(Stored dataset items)
·····

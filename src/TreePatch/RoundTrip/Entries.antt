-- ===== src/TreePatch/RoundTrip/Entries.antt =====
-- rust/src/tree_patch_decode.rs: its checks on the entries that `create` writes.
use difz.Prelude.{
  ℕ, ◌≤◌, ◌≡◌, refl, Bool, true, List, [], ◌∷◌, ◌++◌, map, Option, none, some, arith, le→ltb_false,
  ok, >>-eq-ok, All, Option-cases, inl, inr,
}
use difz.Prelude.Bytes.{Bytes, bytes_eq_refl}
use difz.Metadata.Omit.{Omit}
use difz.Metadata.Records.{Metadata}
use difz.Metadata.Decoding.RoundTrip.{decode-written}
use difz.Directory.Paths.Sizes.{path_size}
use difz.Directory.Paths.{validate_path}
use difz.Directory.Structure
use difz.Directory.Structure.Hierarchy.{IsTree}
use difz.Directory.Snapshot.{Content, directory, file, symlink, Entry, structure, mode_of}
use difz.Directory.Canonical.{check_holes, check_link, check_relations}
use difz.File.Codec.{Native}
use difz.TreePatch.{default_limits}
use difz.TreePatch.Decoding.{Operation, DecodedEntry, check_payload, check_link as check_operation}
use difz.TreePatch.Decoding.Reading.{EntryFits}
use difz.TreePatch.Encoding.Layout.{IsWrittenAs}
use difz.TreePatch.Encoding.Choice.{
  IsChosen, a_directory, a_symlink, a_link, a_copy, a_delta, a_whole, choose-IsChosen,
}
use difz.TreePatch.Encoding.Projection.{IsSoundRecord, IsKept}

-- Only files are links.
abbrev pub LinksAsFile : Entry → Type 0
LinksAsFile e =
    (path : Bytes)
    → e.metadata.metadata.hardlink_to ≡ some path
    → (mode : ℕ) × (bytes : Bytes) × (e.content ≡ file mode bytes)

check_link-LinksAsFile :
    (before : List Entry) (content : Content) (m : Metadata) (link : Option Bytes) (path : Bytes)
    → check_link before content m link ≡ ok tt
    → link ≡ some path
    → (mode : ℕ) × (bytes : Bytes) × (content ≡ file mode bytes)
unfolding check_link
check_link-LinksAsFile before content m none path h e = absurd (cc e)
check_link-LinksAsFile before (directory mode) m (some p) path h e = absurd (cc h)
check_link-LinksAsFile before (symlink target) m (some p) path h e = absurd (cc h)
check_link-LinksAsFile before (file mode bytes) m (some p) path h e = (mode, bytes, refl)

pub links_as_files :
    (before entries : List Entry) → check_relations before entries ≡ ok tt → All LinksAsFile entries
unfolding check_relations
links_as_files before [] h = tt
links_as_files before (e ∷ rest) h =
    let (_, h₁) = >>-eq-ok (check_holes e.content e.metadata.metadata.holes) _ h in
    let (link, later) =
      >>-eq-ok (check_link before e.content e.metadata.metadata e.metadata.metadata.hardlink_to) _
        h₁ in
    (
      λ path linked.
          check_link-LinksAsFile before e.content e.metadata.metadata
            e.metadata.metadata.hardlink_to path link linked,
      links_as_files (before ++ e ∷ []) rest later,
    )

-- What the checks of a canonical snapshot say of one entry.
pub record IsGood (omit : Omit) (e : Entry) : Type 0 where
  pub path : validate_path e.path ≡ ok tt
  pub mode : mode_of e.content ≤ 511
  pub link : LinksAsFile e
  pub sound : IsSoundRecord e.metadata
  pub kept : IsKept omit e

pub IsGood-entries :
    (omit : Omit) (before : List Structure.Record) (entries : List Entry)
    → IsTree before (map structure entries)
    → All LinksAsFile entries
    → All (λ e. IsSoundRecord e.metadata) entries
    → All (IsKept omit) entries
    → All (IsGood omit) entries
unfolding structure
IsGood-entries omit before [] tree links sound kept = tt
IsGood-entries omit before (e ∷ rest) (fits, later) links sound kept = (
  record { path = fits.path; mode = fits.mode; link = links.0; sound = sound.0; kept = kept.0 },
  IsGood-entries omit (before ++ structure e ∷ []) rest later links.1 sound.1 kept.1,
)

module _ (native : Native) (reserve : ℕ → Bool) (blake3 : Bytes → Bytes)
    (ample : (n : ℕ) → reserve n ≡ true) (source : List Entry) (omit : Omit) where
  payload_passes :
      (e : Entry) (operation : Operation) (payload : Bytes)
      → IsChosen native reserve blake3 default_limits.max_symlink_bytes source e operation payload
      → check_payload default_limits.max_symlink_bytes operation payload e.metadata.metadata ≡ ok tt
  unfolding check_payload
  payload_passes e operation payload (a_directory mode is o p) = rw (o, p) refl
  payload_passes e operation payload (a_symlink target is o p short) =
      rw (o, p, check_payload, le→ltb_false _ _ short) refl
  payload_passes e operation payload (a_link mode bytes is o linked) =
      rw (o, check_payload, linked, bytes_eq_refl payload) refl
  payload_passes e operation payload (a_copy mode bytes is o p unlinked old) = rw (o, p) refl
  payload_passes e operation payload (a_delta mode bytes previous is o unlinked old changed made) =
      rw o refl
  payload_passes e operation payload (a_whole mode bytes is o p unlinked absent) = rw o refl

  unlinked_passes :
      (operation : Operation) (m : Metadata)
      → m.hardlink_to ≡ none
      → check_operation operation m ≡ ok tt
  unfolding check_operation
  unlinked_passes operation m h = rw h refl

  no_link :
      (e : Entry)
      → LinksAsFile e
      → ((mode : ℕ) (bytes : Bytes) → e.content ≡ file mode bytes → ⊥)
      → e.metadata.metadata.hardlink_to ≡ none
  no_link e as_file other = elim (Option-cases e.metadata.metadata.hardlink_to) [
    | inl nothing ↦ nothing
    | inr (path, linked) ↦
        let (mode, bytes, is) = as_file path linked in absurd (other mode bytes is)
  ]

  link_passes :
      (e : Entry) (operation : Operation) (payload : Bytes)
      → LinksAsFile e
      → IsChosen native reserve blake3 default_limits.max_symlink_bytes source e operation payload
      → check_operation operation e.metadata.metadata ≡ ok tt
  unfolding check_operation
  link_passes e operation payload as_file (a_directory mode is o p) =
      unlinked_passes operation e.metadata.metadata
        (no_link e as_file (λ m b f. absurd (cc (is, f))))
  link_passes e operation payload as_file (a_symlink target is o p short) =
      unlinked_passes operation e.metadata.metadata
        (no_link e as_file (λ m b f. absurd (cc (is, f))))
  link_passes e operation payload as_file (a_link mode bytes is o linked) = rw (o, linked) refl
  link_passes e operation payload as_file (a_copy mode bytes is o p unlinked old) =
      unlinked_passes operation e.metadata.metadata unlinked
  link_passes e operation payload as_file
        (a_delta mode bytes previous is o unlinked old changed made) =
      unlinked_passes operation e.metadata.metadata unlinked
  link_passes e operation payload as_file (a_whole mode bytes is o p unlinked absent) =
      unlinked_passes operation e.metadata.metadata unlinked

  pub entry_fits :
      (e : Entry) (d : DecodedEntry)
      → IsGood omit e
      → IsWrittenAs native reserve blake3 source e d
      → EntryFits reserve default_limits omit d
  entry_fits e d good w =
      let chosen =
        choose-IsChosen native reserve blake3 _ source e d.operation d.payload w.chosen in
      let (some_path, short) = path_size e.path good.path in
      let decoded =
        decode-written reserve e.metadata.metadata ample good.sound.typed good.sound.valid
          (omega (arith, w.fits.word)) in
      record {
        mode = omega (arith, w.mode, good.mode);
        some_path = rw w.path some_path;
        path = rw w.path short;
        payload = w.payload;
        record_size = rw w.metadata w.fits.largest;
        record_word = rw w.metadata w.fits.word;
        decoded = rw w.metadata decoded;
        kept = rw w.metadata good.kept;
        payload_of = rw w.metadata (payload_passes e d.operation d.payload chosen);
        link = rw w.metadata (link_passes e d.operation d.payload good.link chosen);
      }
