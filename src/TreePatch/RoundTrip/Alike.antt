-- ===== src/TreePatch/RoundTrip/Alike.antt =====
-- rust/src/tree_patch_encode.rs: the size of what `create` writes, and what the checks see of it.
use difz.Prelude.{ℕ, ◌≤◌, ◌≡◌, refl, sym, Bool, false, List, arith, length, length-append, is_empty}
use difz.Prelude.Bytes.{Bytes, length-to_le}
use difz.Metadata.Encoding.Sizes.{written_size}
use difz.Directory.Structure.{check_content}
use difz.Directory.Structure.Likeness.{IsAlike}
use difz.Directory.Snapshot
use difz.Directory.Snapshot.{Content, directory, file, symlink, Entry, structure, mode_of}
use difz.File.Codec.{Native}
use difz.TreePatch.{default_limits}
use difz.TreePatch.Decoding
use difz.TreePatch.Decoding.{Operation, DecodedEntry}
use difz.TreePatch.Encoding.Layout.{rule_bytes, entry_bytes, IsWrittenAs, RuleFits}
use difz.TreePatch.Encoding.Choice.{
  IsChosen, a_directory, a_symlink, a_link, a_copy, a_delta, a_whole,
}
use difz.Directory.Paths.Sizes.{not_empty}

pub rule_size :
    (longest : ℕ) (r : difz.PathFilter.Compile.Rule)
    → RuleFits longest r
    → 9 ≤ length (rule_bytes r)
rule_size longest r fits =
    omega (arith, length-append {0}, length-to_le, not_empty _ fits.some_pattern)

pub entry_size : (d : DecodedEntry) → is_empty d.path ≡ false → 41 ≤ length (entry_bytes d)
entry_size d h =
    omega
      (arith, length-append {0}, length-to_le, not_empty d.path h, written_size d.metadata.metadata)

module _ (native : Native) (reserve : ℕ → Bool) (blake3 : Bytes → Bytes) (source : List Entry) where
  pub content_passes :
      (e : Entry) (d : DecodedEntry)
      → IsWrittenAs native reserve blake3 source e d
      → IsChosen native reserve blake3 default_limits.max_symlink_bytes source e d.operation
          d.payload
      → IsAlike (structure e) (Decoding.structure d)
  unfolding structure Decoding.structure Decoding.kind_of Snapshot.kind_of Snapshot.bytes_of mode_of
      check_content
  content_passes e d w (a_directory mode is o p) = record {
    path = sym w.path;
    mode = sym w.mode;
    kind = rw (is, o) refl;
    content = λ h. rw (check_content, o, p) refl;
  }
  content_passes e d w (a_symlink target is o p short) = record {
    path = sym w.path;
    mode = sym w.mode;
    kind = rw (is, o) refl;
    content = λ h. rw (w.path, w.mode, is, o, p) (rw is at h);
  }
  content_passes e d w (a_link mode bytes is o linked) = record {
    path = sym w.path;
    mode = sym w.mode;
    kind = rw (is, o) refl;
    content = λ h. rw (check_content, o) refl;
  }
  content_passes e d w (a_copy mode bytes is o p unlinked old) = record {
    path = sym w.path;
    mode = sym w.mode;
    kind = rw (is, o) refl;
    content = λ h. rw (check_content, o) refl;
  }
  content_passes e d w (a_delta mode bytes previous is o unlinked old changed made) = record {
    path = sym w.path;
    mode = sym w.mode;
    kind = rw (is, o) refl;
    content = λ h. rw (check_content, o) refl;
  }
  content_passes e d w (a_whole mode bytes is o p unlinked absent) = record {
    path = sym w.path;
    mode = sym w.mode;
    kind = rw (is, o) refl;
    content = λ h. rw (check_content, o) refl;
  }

·····

Whenever the string "filename" turns up in a line above, copy that line out.

**Finished task:**
filename src/TreePatch/RoundTrip/Entries.antt
filename src/TreePatch/RoundTrip/Alike.antt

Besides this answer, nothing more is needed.